(Beginning of Supplied material)

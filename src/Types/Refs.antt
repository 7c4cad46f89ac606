-- ===== src/Types/Refs.antt =====
-- The grammar of a type reference, TYPE_REF of packages/core/src/types.ts, over code points.
use Prim.Native.Char.{code}
use mathlib.Core.List.{reverse}
use wilanis_js.Common.{◌≡◌, refl, ℕ, String, Bool, List, [], ◌∷◌, map, true, false, not, ◌&&◌, ◌||◌}
use wilanis_js.Common.{nat_eq, leb, if◌then◌else◌, every}

abbrev pub codes : String → List ℕ
codes String.[] = []
codes (String.◌∷◌ c s) = code c ∷ codes s

same_codes : List ℕ → List ℕ → Bool
same_codes [] [] = true
same_codes (a ∷ left) (b ∷ right) = nat_eq a b && same_codes left right
same_codes _ _ = false

in_range : ℕ → ℕ → ℕ → Bool
in_range low high c = leb low c && leb c high

-- [A-Za-z0-9]
alphanumeric : ℕ → Bool
unfolding in_range
alphanumeric c = in_range b'A' b'Z' c || in_range b'a' b'z' c || in_range b'0' b'9' c

-- [A-Za-z0-9_.-]
path_char : ℕ → Bool
unfolding alphanumeric
path_char c = alphanumeric c || nat_eq c b'_' || nat_eq c b'.' || nat_eq c b'-'

-- `((?:\[\])*)$`: the reference read from its end, without the brackets that close it.
strip_brackets : List ℕ → List ℕ
strip_brackets (a ∷ b ∷ rest) =
    let inner = strip_brackets rest in
    if nat_eq a b']' && nat_eq b b'[' then inner else a ∷ b ∷ rest
strip_brackets rest = rest

-- [A-Za-z0-9_.-]*(?:\/[A-Za-z0-9_.-]+)*, where the first argument says whether a slash, which
-- wants a character after it, was just read.
segments : Bool → List ℕ → Bool
unfolding path_char
segments after_slash [] = not after_slash
segments after_slash (c ∷ rest) =
    (if nat_eq c b'/' then not after_slash else path_char c) && segments (nat_eq c b'/') rest

-- What stands before `.json`: `@`, then the segments.
shape_body : List ℕ → Bool
unfolding segments
shape_body [] = false
shape_body (at ∷ path) = nat_eq at b'@' && segments false path

-- The shape's path between `@` and `.json`, given the text from its end; no path where the text
-- does not end in `.json`.
is_shape_path : List ℕ → Bool
unfolding shape_body
is_shape_path (n ∷ o ∷ s ∷ j ∷ dot ∷ rest) =
    nat_eq n b'n'
    && nat_eq o b'o'
    && nat_eq s b's'
    && nat_eq j b'j'
    && nat_eq dot b'.'
    && shape_body (reverse rest)
is_shape_path _ = false

one_of : List (List ℕ) → List ℕ → Bool
unfolding same_codes
one_of [] text = false
one_of (word ∷ words) text = same_codes word text || one_of words text

scalar_words : List (List ℕ)
scalar_words = map codes ("string" ∷ "number" ∷ "boolean" ∷ "blob" ∷ "unknown" ∷ "type" ∷ [])

-- The base of a reference, given from its end too: a scalar, a variable or a shape's path.
is_base : List ℕ → List ℕ → Bool
unfolding one_of scalar_words alphanumeric in_range is_shape_path
is_base (c ∷ d ∷ rest) backwards =
    if nat_eq c b'$'
    then in_range b'A' b'Z' d && every alphanumeric rest
    else if nat_eq c b'@'
    then is_shape_path backwards
    else one_of scalar_words (c ∷ d ∷ rest)
is_base _ backwards = false

-- `TYPE_REF.test(value)`
unfoldable pub is_type_ref : String → Bool
unfolding strip_brackets is_base
is_type_ref value =
    let backwards = strip_brackets (reverse (codes value)) in is_base (reverse backwards) backwards

is_type_ref_tests :
    map is_type_ref (
      "string[][]" ∷ "$Item[]" ∷ "@customers/edge/CustomerView.shape.json" ∷ "@customers//View.json"
      ∷ "string[]]" ∷ "$item" ∷ [])
    ≡ true ∷ true ∷ true ∷ false ∷ false ∷ false ∷ []
unfolding is_type_ref
is_type_ref_tests = refl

(End of Supplied material)

**Task instructions**
Scan the listing above. Gather each line that contains the word "true".

**Output for this task**
use wilanis_js.Common.{◌≡◌, refl, ℕ, String, Bool, List, [], ◌∷◌, map, true, false, not, ◌&&◌, ◌||◌}
same_codes [] [] = true
    ≡ true ∷ true ∷ true ∷ false ∷ false ∷ false ∷ []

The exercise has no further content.